Future Minds – Critique of Artificial Intelligences
Seminars, guest lectures and additional workshops in Winter (2019/20), Filzengraben 8 – 10, 0.2 [ ] ground zero, Academy of Media Arts Cologne
for more detailed information, see exmediawiki-seminarpage »here«
Thursday weekly 11 am – 1 pm
Introduction to the programming of artificial intelligence (basic seminar)
Far-reaching cultural consequences of AI do not only become apparent when using upload filters for the algorithmic censorship of unwanted text and image content or when auctioning AI paintings at Christie’s; not even in the formulation of ethical guidelines for dealing with AI or the increased emergence of AI powered hate speech bots. They begin, very abstractly and mostly unnoticed in their programming, in semi-public, very formal discourse fields.

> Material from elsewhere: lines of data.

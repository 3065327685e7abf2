-- ===== src/Tests/Operator.antt =====
-- include/execution/execution_engine.hpp: what the operator asks for, and a signal that comes twice.
use tv_webhook_trader.Shared.{
  true, ◌+◌, ◌≡◌, refl, false, List, [], ◌∷◌, codes, text_eq, ℤ, pos, arith, ◌-ℤ◌, leb_ℤ, ltb_ℤ,
  ◌*◌, ◌/◌, ◌^◌, length,
}
use tv_webhook_trader.Shared.Double.{Double, whole}
use tv_webhook_trader.Shared.Sorter.{by_insertion}
use tv_webhook_trader.Webhook.Signal.{blank_signal}
use tv_webhook_trader.Execution.Engine.{Engine}
use tv_webhook_trader.Execution.Engine.Manual.{
  is_same, import_trades, close_all_positions, to_close,
}
use tv_webhook_trader.Execution.Engine.Manual.Imports.{AreNumbers, import_trades-again}
use tv_webhook_trader.Execution.Positions.First.{NoneHeld}
use tv_webhook_trader.Execution.Engine.Manual.Closes.{
  agreed, on_ws_position-OpensNone, close_all_positions-NoneHeld,
}
use tv_webhook_trader.Execution.Engine.Closing.{on_ws_position}
use tv_webhook_trader.Execution.Engine.{Moment}
use tv_webhook_trader.Execution.Engine.Signals.{
  Call, signal, ws_position, rescore, check, drops, syncs, run, process_signal, is_stale, has_fp,
  evict,
}
use tv_webhook_trader.Execution.Engine.Repeats.{IsDropped, process_signal-IsDropped}
use tv_webhook_trader.Tests.Execution.{account, trade}
use tv_webhook_trader.Tests.Readiness.{settings}
use tv_webhook_trader.Tests.Engine.{config, engine, moment, enters, stops, gone}

-- A double that keeps eight decimal places.
abbrev fine : Double ℤ
fine = record whole { decimal = λ n k. pos (n * 10 ^ 8 / 10 ^ k) }

-- The account has one of the two trades already.
abbrev accounted : Engine ℤ
accounted = record engine { recorder = record account { trades = trade (pos 3) ∷ [] } }

trade-AreNumbers : AreNumbers ⦃d = fine⦄ (trade (pos 3) ∷ trade (pos 5) ∷ [])
unfolding is_same text_eq ltb_ℤ leb_ℤ ◌-ℤ◌
trade-AreNumbers = (refl, (refl, tt))

import_trades-again_example :
    let trades = trade (pos 3) ∷ trade (pos 5) ∷ [] in
    let first = import_trades ⦃d = fine⦄ 1 (codes "now") trades accounted in
    import_trades ⦃d = fine⦄ 2 (codes "later") trades first.0 ≡ (first.0, 0)
import_trades-again_example =
    import_trades-again ⦃d = fine⦄ 1 2 (codes "now") (codes "later")
      (trade (pos 3) ∷ trade (pos 5) ∷ []) accounted trade-AreNumbers

-- The exchange closes whatever it is asked to, and meanwhile reports a position as gone by itself.
abbrev closing : Moment ℤ → Moment ℤ
closing m = record m { flash_close_position = λ symbol side n. true }

close_all_positions-NoneHeld_example :
    let r = close_all_positions (closing moment) (λ n. on_ws_position moment gone) engine in
    (r.1.closed ≡ agreed (closing moment) 1 (to_close engine.positions))
    × (r.1.closed + r.1.failed ≡ length engine.positions)
    × NoneHeld (codes "BTCUSDT") (codes "long") r.0.positions
close_all_positions-NoneHeld_example =
    close_all_positions-NoneHeld (closing moment) (λ n. on_ws_position moment gone) engine
      (codes "BTCUSDT") (codes "long") (λ n. refl)
      (on_ws_position-OpensNone moment gone (codes "BTCUSDT") (codes "long"))

enters-timely : is_stale 1000 enters ≡ false
unfolding is_stale blank_signal
enters-timely = ground arith

enters-new : has_fp 2 (evict 1000 []) ≡ false
unfolding has_fp evict
enters-new = ground arith

abbrev meanwhile : List (Call ℤ)
meanwhile =
    signal moment 1 stops
    ∷ ws_position moment gone
    ∷ rescore 1 (codes "now")
    ∷ check settings
    ∷ syncs 1 []
    ∷ drops (codes "BTCUSDT") (codes "long")
    ∷ []

process_signal-IsDropped_example :
    let between = (run config meanwhile (process_signal config moment 2 enters engine).0).0 in
    IsDropped config between (process_signal config moment 2 enters between)
process_signal-IsDropped_example =
    process_signal-IsDropped config moment moment 2 enters enters meanwhile engine enters-timely
      enters-new (omega arith, (tt, (tt, (tt, (tt, (tt, tt)))))) (omega arith) (omega arith)
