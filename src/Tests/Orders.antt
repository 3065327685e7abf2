-- ===== src/Tests/Orders.antt =====
-- include/execution/execution_engine.hpp: an entry that becomes a real order.
use tv_webhook_trader.Shared.{
  ◌≡◌, ◌⊎◌, refl, true, false, [], ◌∷◌, none, codes, length, text_eq, contains, lookup, group,
  insert, ℤ, pos, leb_ℤ, ltb_ℤ, ◌+ℤ◌, ◌-ℤ◌, ◌*ℤ◌,
}
use tv_webhook_trader.Shared.Double.{whole, min_of, max_of}
use tv_webhook_trader.Shared.Sorter.{by_insertion}
use tv_webhook_trader.Webhook.Signal.{
  blank_signal, has_tp1, has_sl, to_order_request, get_trade_side,
}
use tv_webhook_trader.Core.Types.{fixed_symbol}
use tv_webhook_trader.Execution.Readiness.Confidence.{load_confidence}
use tv_webhook_trader.Risk.FeeAnalyzer.{
  is_tp_profitable, break_even_move, get_slippage, get_slippage_tier,
}
use tv_webhook_trader.Risk.Orders.{validate, is_barred, is_full}
use tv_webhook_trader.Risk.Position.{
  count_direction, count_timeframe, timeframe_margin, total_margin,
}
use tv_webhook_trader.Risk.Portfolio
use tv_webhook_trader.Risk.Portfolio.{PortfolioRisk, check_cb_cooldown, check_daily_reset}
use tv_webhook_trader.Risk.Portfolio.Entry
use tv_webhook_trader.Risk.Portfolio.Entry.{Proposal, check_entry}
use tv_webhook_trader.Risk.PositionSizer.{
  calc_size, available, base_size, final_mult, final_usdt, multiplier_at, sized,
}
use tv_webhook_trader.Risk.Scorer.{
  tier_or, if_enough, get_context_score, get_tier, get_score, get_best_score, or_score,
}
use tv_webhook_trader.Execution.AutoLive.{force_shadow, is_eligible}
use tv_webhook_trader.Execution.AutoLive.Fees.{passes_fees, is_live_trade}
use tv_webhook_trader.Execution.GradeFilter.{passes_grade, is_grade_fit}
use tv_webhook_trader.Execution.Positions.{calc_used_margin, used_margin_from}
use tv_webhook_trader.Execution.Shadow.Report.{get_symbol_report, grade_of}
use tv_webhook_trader.Execution.Engine.{Engine}
use tv_webhook_trader.Execution.Engine.Gates.{
  entry_gate, is_usdc, passes_live_tier, tier_meets_min, entry_tier, passes_tf, entry_size,
  size_request, entry_confidence, has_side, final_size,
}
use tv_webhook_trader.Execution.Engine.Entry.{
  handle_entry, after_gate, place_entry, ordered, send_order, entry_request, entry_proposal,
}
use tv_webhook_trader.Execution.Engine.RealOrders.{IsCleared, IsOrder, handle_entry-IsCleared}
use tv_webhook_trader.Tests.Engine.{config, engine, moment, enters}
use tv_webhook_trader.Tests.Risk.{manager, soon}

-- No position is held, and the portfolio has room for the tier and the timeframe.
abbrev roomy : PortfolioRisk ℤ
roomy = record engine.auto.port_risk {
  shadow_mode = false;
  config = record engine.auto.port_risk.config {
    live_min_tier = codes "C";
    tf_exposure_pct = (codes "60", pos 100) ∷ [];
    max_corr_risk_pct = pos 100;
    max_margin_usage_pct = pos 100;
  };
}

abbrev ready : Engine ℤ
ready = record engine {
  auto = record engine.auto { port_risk = roomy };
  positions = [];
  risk = manager;
}

priced : ltb_ℤ (pos 0) (pos 100) ≡ true
unfolding ltb_ℤ
priced = refl

is_let_in : entry_gate config moment enters ready ≡ none
unfolding entry_gate is_usdc passes_live_tier tier_meets_min entry_tier tier_or get_tier
    passes_grade is_grade_fit get_symbol_report group insert grade_of passes_tf passes_fees
    is_live_trade is_eligible contains has_tp1 is_tp_profitable break_even_move get_slippage
    get_slippage_tier has_side entry_size calc_size entry_confidence size_request calc_used_margin
    used_margin_from available base_size final_mult final_usdt multiplier_at sized get_best_score
    or_score if_enough get_context_score get_score max_of min_of has_sl lookup text_eq leb_ℤ ltb_ℤ
    ◌+ℤ◌ ◌-ℤ◌ ◌*ℤ◌ load_confidence blank_signal
is_let_in = refl

final_size_lem : final_size config moment enters ready ≡ (pos 1, pos 100)
unfolding final_size entry_size calc_size entry_confidence size_request calc_used_margin
    used_margin_from available base_size final_mult final_usdt multiplier_at sized get_best_score
    or_score if_enough get_context_score get_score max_of min_of has_sl lookup leb_ℤ ltb_ℤ ◌-ℤ◌ ◌*ℤ◌
    load_confidence blank_signal
final_size_lem = refl

entry_size_lem : (entry_size config enters ready).leverage ≡ pos 10
unfolding entry_size calc_size entry_confidence size_request calc_used_margin used_margin_from
    available base_size final_mult final_usdt multiplier_at sized get_best_score or_score if_enough
    get_context_score get_score max_of min_of has_sl lookup leb_ℤ ltb_ℤ ◌-ℤ◌ ◌*ℤ◌ load_confidence
    blank_signal
entry_size_lem = refl

-- What the portfolio's risk manager is asked.
abbrev proposal : Proposal ℤ
proposal = record {
  symbol = codes "BTCUSDT";
  timeframe = codes "60";
  price = pos 100;
  qty = pos 1;
  leverage = pos 10;
  balance = pos 1000;
  positions = [];
  sl_price = pos 0;
  side = codes "long";
}

entry_proposal_lem : entry_proposal config moment enters ready ≡ proposal
unfolding entry_proposal text_eq has_sl blank_signal ltb_ℤ
entry_proposal_lem = rw (final_size_lem, entry_size_lem) refl

is_admitted : (check_entry soon proposal roomy).1.allowed ≡ true
unfolding check_entry Entry.first_checks Entry.notional_check Entry.breaker_check Entry.conclude
    Entry.conclude_breaker Entry.concurrent_check Entry.correlation_check Entry.direction_check
    Entry.exposure_check Entry.exposure_limit Entry.later_checks Entry.liquidation_check
    Entry.margin_check Entry.max_concurrent_now Entry.max_margin_pct_now
    Entry.max_same_direction_now Entry.max_total_now Entry.timeframe_check Entry.timeframe_limit
    Entry.timeframe_name Entry.total_check check_daily_reset count_direction count_timeframe
    timeframe_margin total_margin lookup text_eq leb_ℤ ltb_ℤ ◌+ℤ◌ ◌-ℤ◌ ◌*ℤ◌
    Portfolio.set_shadow_mode
is_admitted = refl

is_valid_order : validate (entry_request config moment enters ready) manager ≡ true
unfolding validate to_order_request fixed_symbol is_barred is_full contains get_trade_side lookup
    text_eq leb_ℤ ltb_ℤ
is_valid_order = rw final_size_lem refl

is_real :
    (p : PortfolioRisk ℤ)
    → force_shadow (codes "60") enters (record ready.auto { port_risk = p }) ≡ false
unfolding force_shadow is_eligible contains text_eq
is_real p = refl

-- The order of this entry really goes out.
one_order : length (handle_entry config moment enters ready).1 ≡ 1
unfolding handle_entry after_gate place_entry ordered send_order
one_order = rw (is_let_in, entry_proposal_lem, is_admitted, is_valid_order, is_real) refl

handle_entry-IsCleared_example :
    ((handle_entry config moment enters ready).1 ≡ [])
    ⊎ (IsCleared config moment enters ready
        × IsOrder config moment enters ready (handle_entry config moment enters ready).1)
handle_entry-IsCleared_example = handle_entry-IsCleared config moment enters ready priced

This is exactly where we start experimentally. The seminar will introduce the subsymbolic AI of neural networks and their programming in a very elementary way. Coding from scratch, discussing the code together and learning to understand it, in order to learn to assess the possibilities, limits and dangers of this technology for yourself is the aim of this seminar.

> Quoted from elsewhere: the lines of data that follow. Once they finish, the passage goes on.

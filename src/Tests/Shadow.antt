-- ===== src/Tests/Shadow.antt =====
-- include/execution/shadow_tracker.hpp on concrete inputs.
use tv_webhook_trader.Shared.{true, some, List, [], ◌∷◌, codes, pos, ℤ}
use tv_webhook_trader.Shared.Double.{whole}
use tv_webhook_trader.Shared.Sorter.{by_insertion}
use tv_webhook_trader.Webhook.Signal.{WebhookSignal, blank_signal, entry, tp}
use tv_webhook_trader.Execution.Shadow.{ShadowTracker, fresh_tracker, virtual_position, ShadowFile}
use tv_webhook_trader.Execution.Shadow.Runs.{
  Call, tracks, marks, saves, run, IsSound, run-fresh-IsSound,
}
use tv_webhook_trader.Execution.Shadow.Restart.{Storage, written}

abbrev buys : WebhookSignal ℤ
buys = record (blank_signal 0) {
  symbol = codes "BTCUSDT";
  timeframe = codes "60";
  sig_type = entry;
  action = codes "buy";
  signal_direction = codes "bull";
  price = pos 100;
  sl = pos 90;
  tp1 = pos 120;
}

abbrev takes_profit : WebhookSignal ℤ
takes_profit = record buys { sig_type = tp; price = pos 120 }

abbrev sells : WebhookSignal ℤ
sells = record buys { action = codes "sell"; signal_direction = codes "bear"; price = pos 110 }

abbrev day : List (Call ℤ)
day =
    marks (codes "BTCUSDT:60:long")
    ∷ tracks 1500 buys
    ∷ tracks 2000 takes_profit
    ∷ tracks 3000 buys
    ∷ tracks 4000 sells
    ∷ saves
    ∷ []

run-fresh-IsSound_example : IsSound (run fresh_tracker day)
run-fresh-IsSound_example = run-fresh-IsSound day

-- One long position, at one second and a half.
abbrev held : ShadowTracker ℤ
held = record fresh_tracker {
  positions = (codes "BTCUSDT:60:long", virtual_position 1500 buys true) ∷ [];
  live_equiv_keys = codes "BTCUSDT:60:long" ∷ codes "ETHUSDT:60:long" ∷ [];
}

-- A library whose files are the values that were written.
abbrev stored : Storage ℤ (ShadowFile ℤ)
stored = record { dump = λ f. some (written f); parse = λ f. f; is_utf8 = λ s. true }
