-- ===== src/Tests/SpotShadow.antt =====
-- include/execution/spot_shadow_tracker.hpp on concrete inputs.
use tv_webhook_trader.Shared.{
  ◌+◌, ◌≤◌, ◌≡◌, refl, ltb_ℤ, leb_ℤ, ◌*ℤ◌, ◌-ℤ◌, ◌+ℤ◌, List, [], ◌∷◌, codes, length, ℤ, has_key,
  text_eq, insert, lookup, pos, arith,
}
use tv_webhook_trader.Shared.Double.{whole, min_of}
use tv_webhook_trader.Webhook.Signal.{WebhookSignal, blank_signal, entry, tp, sl}
use tv_webhook_trader.Execution.SpotShadow.{
  fresh_tracker, get_grade, grade_of_key, find_position, make_key, is_followed, maybe_save,
  book_trade, refresh_grade, partial_close, close_position, save_state,
}
use tv_webhook_trader.Execution.SpotShadow.Calls.{
  track, track_type, track_entry, track_tp, track_sl,
}
use tv_webhook_trader.Execution.SpotShadow.Runs.{SpotCall, tracks, saves, run, run-fresh-get_grade}

abbrev buys : WebhookSignal ℤ
buys = record (blank_signal 0) {
  symbol = codes "BTCKRW";
  timeframe = codes "60";
  sig_type = entry;
  action = codes "buy";
  signal_direction = codes "bull";
  price = pos 100;
  sl = pos 90;
  tp1 = pos 120;
  exchange = codes "upbit";
  market_type = codes "spot";
}

abbrev first_target : WebhookSignal ℤ
first_target = record buys { sig_type = tp; tp_level = codes "TP1"; price = pos 120 }

abbrev day : List (SpotCall ℤ)
day =
    tracks 1000 buys
    ∷ tracks 2000 first_target
    ∷ saves
    ∷ tracks 3000 (record buys { sig_type = sl; price = pos 110 })
    ∷ []

two_closes : (run fresh_tracker day).total_closes ≡ 2
unfolding run track track_type track_entry track_tp track_sl find_position make_key is_followed
    has_key text_eq maybe_save insert lookup book_trade refresh_grade partial_close close_position
    save_state leb_ℤ ltb_ℤ ◌*ℤ◌ ◌-ℤ◌ ◌+ℤ◌ min_of
two_closes = refl

few_closes : (run fresh_tracker day).total_closes ≤ 5000
few_closes = omega (arith, two_closes)

run-fresh-get_grade_example :
    let t = run fresh_tracker day in
    (t.wins + t.losses ≡ t.total_closes)
    × (length t.trades ≡ t.total_closes)
    × (get_grade (codes "BTCKRW:60:upbit") t ≡ grade_of_key (codes "BTCKRW:60:upbit") t.trades)
run-fresh-get_grade_example = run-fresh-get_grade day (codes "BTCKRW:60:upbit") few_closes
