-- ===== src/Tests/Sync.antt =====
-- include/execution/position_manager.hpp: the comparison with the exchange on concrete inputs.
use tv_webhook_trader.Shared.{
  ◌≡◌, refl, inl, inr, Bool, true, false, if◌then◌else◌, List, [], ◌∷◌, none, some, Text, codes,
  text_eq, lookup, insert, erase, has_key, contains, ℤ, pos, ltb_ℤ, HasUniqueKeys,
}
use tv_webhook_trader.Shared.Double.{whole}
use tv_webhook_trader.Shared.Json.{Json, Outcome, done, thrown}
use tv_webhook_trader.Risk.Position.{ManagedPosition, Positions}
use tv_webhook_trader.Execution.Positions.Exchange.{
  ExchangePos, exchange_positions, rows, read_positions, read_position, parse_double, parse_int,
  file_position,
}
use tv_webhook_trader.Execution.Positions.Sync.{
  sync_positions_with_exchange, reconcile, mark_real, marked, is_there, sweep, visit_at, visit,
  turn, turned, remove_later, erase_all, is_ext, import_positions, names_of,
}
use tv_webhook_trader.Execution.Positions.Sync.Verdict.{IsJudged, sync-IsJudged}
use tv_webhook_trader.Execution.Positions.Sync.Answers.{HasSides}
use tv_webhook_trader.Execution.Positions.Sync.Real.{sync-AreThere}

-- An answer of the exchange: its positions, or a part of it.
data Answer : Type 0 where
  word : Text → Answer
  number : ℤ → Answer
  position : Text → Text → ℤ → Answer
  both : Answer → Answer → Answer
  reply : Text → Answer → Answer

has : Answer → Text → Bool
has (position s h n) key = text_eq key (codes "total")
has (reply code a) key = text_eq key (codes "data")
has _ key = false

at : Answer → Text → Answer
at (position s h n) key = number n
at (reply code a) key = a
at a key = a

value_text : Answer → Text → Text → Outcome Text
value_text (position s h n) key default = done (
    if text_eq key (codes "symbol")
    then s
    else if text_eq key (codes "holdSide")
    then h
    else default)
value_text (reply code a) key default = done code
value_text a key default = thrown

get_number : Answer → Outcome ℤ
get_number (number n) = done n
get_number a = thrown

get_text : Answer → Outcome Text
get_text (word s) = done s
get_text a = thrown

is_number : Answer → Bool
is_number (number n) = true
is_number a = false

is_string : Answer → Bool
is_string (word s) = true
is_string a = false

items : Answer → List Answer
items (both a b) = a ∷ b ∷ []
items a = []

abbrev answers : Json ℤ Answer
answers = record {
  parse = λ s. none;
  has = has;
  at = at;
  is_string = is_string;
  is_number = is_number;
  value_text = value_text;
  value_int = λ j k default. get_number j;
  value_double = λ j k default. get_number j;
  get_text = get_text;
  get_int = get_number;
  get_double = get_number;
  items = items;
}

-- The exchange holds BTCUSDT long and ETHUSDT short.
abbrev answer : Answer
answer = reply (codes "00000") (
    both (position (codes "BTCUSDT") (codes "long") (pos 2))
      (position (codes "ETHUSDT") (codes "short") (pos 3)))

abbrev at_exchange : Text → Text → ℤ → ExchangePos ℤ
at_exchange symbol side total = record {
  symbol = symbol;
  hold_side = side;
  total = total;
  avg_price = pos 0;
  leverage = pos 10;
}

abbrev listed : List (Text × ExchangePos ℤ)
listed =
    (codes "BTCUSDT:long", at_exchange (codes "BTCUSDT") (codes "long") (pos 2))
    ∷ (codes "ETHUSDT:short", at_exchange (codes "ETHUSDT") (codes "short") (pos 3))
    ∷ []

abbrev held : Text → Text → Bool → ManagedPosition ℤ
held symbol side is_real = record {
  symbol = symbol;
  timeframe = codes "60";
  side = side;
  entry_price = pos 100;
  quantity = pos 1;
  leverage = pos 10;
  sl_price = pos 0;
  tp1_price = pos 0;
  tier = codes "C";
  strategy = codes "sfx";
  opened_at = 0;
  is_real = is_real;
  exchange = codes "bitget";
  market_type = codes "futures";
}

-- A paper position that the exchange has by now, a real one that it lost, and one from the exchange
-- that was turned.
abbrev positions : Positions ℤ
positions =
    (codes "BTCUSDT_60_1", held (codes "BTCUSDT") (codes "long") false)
    ∷ (codes "XRPUSDT_60_2", held (codes "XRPUSDT") (codes "long") true)
    ∷ (codes "ETHUSDT_long_ext", held (codes "ETHUSDT") (codes "long") true)
    ∷ []

answered : exchange_positions answers answer ≡ done (some listed)
unfolding exchange_positions rows read_positions read_position parse_double parse_int file_position
    has at value_text get_number is_number is_string items text_eq insert ltb_ℤ
answered = refl

positions-HasUniqueKeys : HasUniqueKeys positions
unfolding has_key text_eq
positions-HasUniqueKeys = (refl, (refl, (refl, tt)))

listed-HasSides : HasSides listed
listed-HasSides = (inl refl, (inr refl, tt))

ordinary : is_ext (codes "XRPUSDT_60_2") ≡ false
unfolding is_ext text_eq
ordinary = refl

sync-IsJudged_example :
    IsJudged answers 5 answer
      (exchange_positions answers answer)
      (codes "XRPUSDT_60_2")
      positions
      (sync_positions_with_exchange answers 5 answer positions)
sync-IsJudged_example =
    sync-IsJudged answers 5 answer positions (codes "XRPUSDT_60_2") positions-HasUniqueKeys ordinary

abbrev turned_eth : ManagedPosition ℤ
turned_eth = record (held (codes "ETHUSDT") (codes "short") true) {
  entry_price = pos 0;
  quantity = pos 3;
}

-- The turned position has a new key.
found :
    lookup (codes "ETHUSDT_short_ext") (sync_positions_with_exchange answers 5 answer positions)
    ≡ some turned_eth
unfolding sync_positions_with_exchange reconcile exchange_positions rows read_positions
    read_position parse_double parse_int file_position has at value_text get_number is_number
    is_string items text_eq insert ltb_ℤ mark_real marked is_there sweep visit_at visit turn turned
    remove_later erase_all is_ext import_positions names_of lookup erase has_key contains
found = refl

sync-AreThere_example : is_there listed turned_eth ≡ true
sync-AreThere_example =
    sync-AreThere answers 5 answer listed positions answered listed-HasSides positions-HasUniqueKeys
      (codes "ETHUSDT_short_ext") turned_eth found refl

We do not adopt the technology of artificial intelligence as a tool in the Homo Faberian sense, but combine programming as an artistic practice with the critical analysis of its social effects, which can be developed in more depth in the parallel theoretical seminar “Future Minds – Critique of Artificial Intelligences”.
Thursday weekly 2 pm – 4 pm
Future Minds – Critique of Artificial Intelligences (theory seminar)
Starting with a look back at the roots of Artificial Intelligence (AI) in cybernetics, a number of topics and terms are presented that require closer examination if one wants to position oneself as an artist or theorist. These are by no means exclusively terms that can be assigned to the cybernetic tradition, such as artificial neuron, black box or machine learning. Even fashionable terms such as open culture, transparency or technological singularity must be renegotiated against the background of the foreseeable cultural, political and social consequences of AI technologies.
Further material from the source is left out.